[Excerpts from a dataset]
==*==

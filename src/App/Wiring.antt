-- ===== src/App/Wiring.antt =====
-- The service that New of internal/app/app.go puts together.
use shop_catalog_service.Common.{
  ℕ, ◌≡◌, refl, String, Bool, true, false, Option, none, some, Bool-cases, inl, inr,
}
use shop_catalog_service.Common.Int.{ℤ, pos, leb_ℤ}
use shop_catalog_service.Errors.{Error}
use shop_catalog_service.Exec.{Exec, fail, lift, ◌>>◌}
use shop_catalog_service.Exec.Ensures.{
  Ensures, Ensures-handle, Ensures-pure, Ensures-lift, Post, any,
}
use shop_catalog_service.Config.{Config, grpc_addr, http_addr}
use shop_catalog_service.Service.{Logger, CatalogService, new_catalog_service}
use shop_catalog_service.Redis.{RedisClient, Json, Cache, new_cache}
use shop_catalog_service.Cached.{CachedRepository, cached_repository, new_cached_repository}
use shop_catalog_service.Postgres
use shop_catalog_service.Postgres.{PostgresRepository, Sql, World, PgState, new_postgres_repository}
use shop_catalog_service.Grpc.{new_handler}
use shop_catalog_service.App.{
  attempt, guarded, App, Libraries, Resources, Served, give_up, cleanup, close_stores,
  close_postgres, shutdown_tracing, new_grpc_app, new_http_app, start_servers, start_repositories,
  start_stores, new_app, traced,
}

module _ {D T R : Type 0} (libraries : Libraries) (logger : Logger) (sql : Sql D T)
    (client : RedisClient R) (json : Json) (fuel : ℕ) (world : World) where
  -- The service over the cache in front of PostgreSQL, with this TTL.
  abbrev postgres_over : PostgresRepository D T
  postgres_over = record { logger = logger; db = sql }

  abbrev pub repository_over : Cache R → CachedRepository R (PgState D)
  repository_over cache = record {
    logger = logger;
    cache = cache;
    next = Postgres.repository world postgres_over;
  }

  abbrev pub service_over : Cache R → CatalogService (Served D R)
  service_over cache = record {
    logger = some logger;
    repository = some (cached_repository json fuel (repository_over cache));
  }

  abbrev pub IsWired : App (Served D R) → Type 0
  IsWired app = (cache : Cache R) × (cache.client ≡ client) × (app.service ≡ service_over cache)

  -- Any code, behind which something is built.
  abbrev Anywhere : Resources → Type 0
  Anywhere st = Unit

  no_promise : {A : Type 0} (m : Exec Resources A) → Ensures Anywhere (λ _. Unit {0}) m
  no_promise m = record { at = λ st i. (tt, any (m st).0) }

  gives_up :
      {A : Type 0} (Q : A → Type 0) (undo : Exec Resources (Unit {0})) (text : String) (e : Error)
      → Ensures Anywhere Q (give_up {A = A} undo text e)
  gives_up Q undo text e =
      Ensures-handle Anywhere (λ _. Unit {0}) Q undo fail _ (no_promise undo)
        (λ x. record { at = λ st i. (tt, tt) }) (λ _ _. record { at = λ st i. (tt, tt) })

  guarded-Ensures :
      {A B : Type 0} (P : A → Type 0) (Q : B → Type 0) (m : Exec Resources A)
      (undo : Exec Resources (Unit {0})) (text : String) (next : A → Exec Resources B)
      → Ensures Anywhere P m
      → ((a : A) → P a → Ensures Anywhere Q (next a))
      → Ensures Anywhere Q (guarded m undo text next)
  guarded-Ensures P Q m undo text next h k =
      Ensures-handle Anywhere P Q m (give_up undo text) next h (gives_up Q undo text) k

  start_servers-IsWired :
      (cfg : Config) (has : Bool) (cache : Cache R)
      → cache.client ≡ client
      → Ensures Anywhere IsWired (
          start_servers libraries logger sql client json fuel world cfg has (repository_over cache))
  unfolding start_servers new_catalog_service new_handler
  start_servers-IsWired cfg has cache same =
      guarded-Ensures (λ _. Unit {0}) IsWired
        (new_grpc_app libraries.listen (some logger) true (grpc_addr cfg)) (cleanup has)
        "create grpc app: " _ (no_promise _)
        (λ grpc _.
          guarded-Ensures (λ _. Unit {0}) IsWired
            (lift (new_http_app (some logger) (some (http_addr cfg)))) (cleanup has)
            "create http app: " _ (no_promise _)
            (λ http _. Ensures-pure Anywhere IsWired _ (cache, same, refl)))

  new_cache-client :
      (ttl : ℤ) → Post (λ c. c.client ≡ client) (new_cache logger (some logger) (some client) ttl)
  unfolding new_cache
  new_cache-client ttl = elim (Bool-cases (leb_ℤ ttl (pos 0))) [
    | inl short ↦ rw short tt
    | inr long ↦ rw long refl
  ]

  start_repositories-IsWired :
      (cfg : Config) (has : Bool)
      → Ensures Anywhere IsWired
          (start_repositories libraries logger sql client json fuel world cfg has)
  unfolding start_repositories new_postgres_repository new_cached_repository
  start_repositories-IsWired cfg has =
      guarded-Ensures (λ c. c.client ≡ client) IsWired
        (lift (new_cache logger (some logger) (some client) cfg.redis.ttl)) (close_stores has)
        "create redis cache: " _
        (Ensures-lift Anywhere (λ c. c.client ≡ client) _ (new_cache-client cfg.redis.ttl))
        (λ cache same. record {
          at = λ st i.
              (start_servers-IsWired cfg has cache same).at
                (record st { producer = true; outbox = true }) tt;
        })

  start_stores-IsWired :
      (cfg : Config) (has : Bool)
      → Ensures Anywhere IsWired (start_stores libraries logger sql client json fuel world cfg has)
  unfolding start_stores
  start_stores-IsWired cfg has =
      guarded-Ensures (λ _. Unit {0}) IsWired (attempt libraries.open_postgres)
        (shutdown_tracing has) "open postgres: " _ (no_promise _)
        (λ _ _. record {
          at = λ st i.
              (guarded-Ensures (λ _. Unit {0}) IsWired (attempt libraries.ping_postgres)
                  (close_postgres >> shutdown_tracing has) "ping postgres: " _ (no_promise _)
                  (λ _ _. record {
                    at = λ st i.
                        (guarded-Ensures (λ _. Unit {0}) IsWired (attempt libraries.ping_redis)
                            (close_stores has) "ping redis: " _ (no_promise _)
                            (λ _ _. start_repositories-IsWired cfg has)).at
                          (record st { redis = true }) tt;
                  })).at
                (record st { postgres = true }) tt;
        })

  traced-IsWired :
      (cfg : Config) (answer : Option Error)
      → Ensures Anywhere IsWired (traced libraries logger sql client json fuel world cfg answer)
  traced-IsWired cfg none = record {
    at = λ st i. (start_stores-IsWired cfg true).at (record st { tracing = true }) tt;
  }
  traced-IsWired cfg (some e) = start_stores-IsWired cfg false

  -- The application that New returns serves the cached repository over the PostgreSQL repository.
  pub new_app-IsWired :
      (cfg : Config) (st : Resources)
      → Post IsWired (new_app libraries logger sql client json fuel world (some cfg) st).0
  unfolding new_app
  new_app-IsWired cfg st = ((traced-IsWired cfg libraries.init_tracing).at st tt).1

==*==

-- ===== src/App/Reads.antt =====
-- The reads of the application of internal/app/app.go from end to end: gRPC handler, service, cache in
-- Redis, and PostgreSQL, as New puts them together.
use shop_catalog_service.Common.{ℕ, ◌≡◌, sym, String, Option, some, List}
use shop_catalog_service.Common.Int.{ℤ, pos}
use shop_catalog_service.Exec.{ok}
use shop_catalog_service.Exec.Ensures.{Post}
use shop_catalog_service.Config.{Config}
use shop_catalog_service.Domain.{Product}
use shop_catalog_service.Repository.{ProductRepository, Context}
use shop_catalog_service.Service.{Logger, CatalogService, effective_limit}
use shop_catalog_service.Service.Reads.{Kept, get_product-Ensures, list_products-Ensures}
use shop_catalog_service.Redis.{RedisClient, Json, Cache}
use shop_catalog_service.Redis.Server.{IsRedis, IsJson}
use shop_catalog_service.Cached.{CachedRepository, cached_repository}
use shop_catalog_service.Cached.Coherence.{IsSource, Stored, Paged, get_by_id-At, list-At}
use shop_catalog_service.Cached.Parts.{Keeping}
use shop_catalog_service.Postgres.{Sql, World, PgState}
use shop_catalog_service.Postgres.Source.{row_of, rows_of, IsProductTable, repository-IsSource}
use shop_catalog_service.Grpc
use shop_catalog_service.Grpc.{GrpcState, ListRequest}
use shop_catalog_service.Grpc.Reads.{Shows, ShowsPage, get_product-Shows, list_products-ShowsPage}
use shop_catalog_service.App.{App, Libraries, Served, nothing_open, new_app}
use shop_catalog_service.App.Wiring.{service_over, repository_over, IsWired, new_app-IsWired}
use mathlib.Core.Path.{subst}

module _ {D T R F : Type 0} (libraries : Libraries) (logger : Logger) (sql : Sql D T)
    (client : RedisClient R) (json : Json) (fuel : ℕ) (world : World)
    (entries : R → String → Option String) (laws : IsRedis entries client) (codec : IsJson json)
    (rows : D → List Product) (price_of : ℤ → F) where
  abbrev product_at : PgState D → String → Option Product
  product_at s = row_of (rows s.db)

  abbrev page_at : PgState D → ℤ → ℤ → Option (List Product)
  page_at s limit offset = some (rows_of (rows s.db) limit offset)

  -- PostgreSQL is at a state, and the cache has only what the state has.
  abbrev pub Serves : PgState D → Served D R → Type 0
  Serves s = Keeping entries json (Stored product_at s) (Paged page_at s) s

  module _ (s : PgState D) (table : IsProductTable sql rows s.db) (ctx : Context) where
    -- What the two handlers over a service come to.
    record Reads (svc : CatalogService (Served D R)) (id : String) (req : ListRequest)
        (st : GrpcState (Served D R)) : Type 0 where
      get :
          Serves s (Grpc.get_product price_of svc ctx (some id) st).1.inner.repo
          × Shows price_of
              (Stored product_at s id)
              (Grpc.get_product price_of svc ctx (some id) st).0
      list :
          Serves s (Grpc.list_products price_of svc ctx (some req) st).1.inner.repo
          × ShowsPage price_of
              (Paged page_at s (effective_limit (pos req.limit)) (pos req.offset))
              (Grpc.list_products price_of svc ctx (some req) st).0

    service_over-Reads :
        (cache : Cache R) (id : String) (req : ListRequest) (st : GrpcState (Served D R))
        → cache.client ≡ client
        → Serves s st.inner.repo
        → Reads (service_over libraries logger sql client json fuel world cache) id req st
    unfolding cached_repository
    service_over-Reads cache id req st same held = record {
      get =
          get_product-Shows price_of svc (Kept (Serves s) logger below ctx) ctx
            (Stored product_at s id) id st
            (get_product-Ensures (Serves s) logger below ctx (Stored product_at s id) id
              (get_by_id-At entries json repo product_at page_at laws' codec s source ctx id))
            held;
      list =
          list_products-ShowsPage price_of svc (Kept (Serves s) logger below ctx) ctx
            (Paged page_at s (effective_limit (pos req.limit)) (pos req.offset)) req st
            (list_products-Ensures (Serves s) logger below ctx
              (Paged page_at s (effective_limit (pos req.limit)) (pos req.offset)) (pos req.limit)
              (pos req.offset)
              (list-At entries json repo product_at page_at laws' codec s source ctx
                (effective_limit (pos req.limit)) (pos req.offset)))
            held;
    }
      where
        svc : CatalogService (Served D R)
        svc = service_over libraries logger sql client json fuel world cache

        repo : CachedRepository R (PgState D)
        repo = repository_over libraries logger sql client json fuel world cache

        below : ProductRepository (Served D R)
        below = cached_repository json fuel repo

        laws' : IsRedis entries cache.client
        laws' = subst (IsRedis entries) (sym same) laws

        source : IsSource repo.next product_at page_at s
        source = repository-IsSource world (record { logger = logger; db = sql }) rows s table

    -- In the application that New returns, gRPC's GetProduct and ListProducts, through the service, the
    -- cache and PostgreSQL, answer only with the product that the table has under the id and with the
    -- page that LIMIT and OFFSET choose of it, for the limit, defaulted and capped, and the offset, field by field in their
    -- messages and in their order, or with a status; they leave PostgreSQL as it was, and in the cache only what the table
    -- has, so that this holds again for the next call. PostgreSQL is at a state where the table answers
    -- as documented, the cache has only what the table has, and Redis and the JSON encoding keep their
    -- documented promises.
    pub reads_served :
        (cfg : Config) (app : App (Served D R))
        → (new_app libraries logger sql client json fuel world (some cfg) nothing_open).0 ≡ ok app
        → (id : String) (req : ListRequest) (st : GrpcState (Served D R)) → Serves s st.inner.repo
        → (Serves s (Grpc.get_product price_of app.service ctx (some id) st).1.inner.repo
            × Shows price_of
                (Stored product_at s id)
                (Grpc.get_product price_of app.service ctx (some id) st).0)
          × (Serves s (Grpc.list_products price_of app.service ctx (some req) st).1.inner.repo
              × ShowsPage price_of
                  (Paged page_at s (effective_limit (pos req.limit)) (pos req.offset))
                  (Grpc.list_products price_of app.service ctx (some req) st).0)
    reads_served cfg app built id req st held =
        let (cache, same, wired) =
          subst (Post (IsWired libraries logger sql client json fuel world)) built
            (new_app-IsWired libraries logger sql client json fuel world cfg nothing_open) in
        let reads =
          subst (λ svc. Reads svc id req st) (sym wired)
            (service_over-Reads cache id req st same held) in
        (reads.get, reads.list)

==*==

Return, with no change at all, every line in the entries above from the line containing "unfolding new_app" through the line containing "new_app-IsWired cfg st".

# [Task solution]
  unfolding new_app
  new_app-IsWired cfg st = ((traced-IsWired cfg libraries.init_tracing).at st tt).1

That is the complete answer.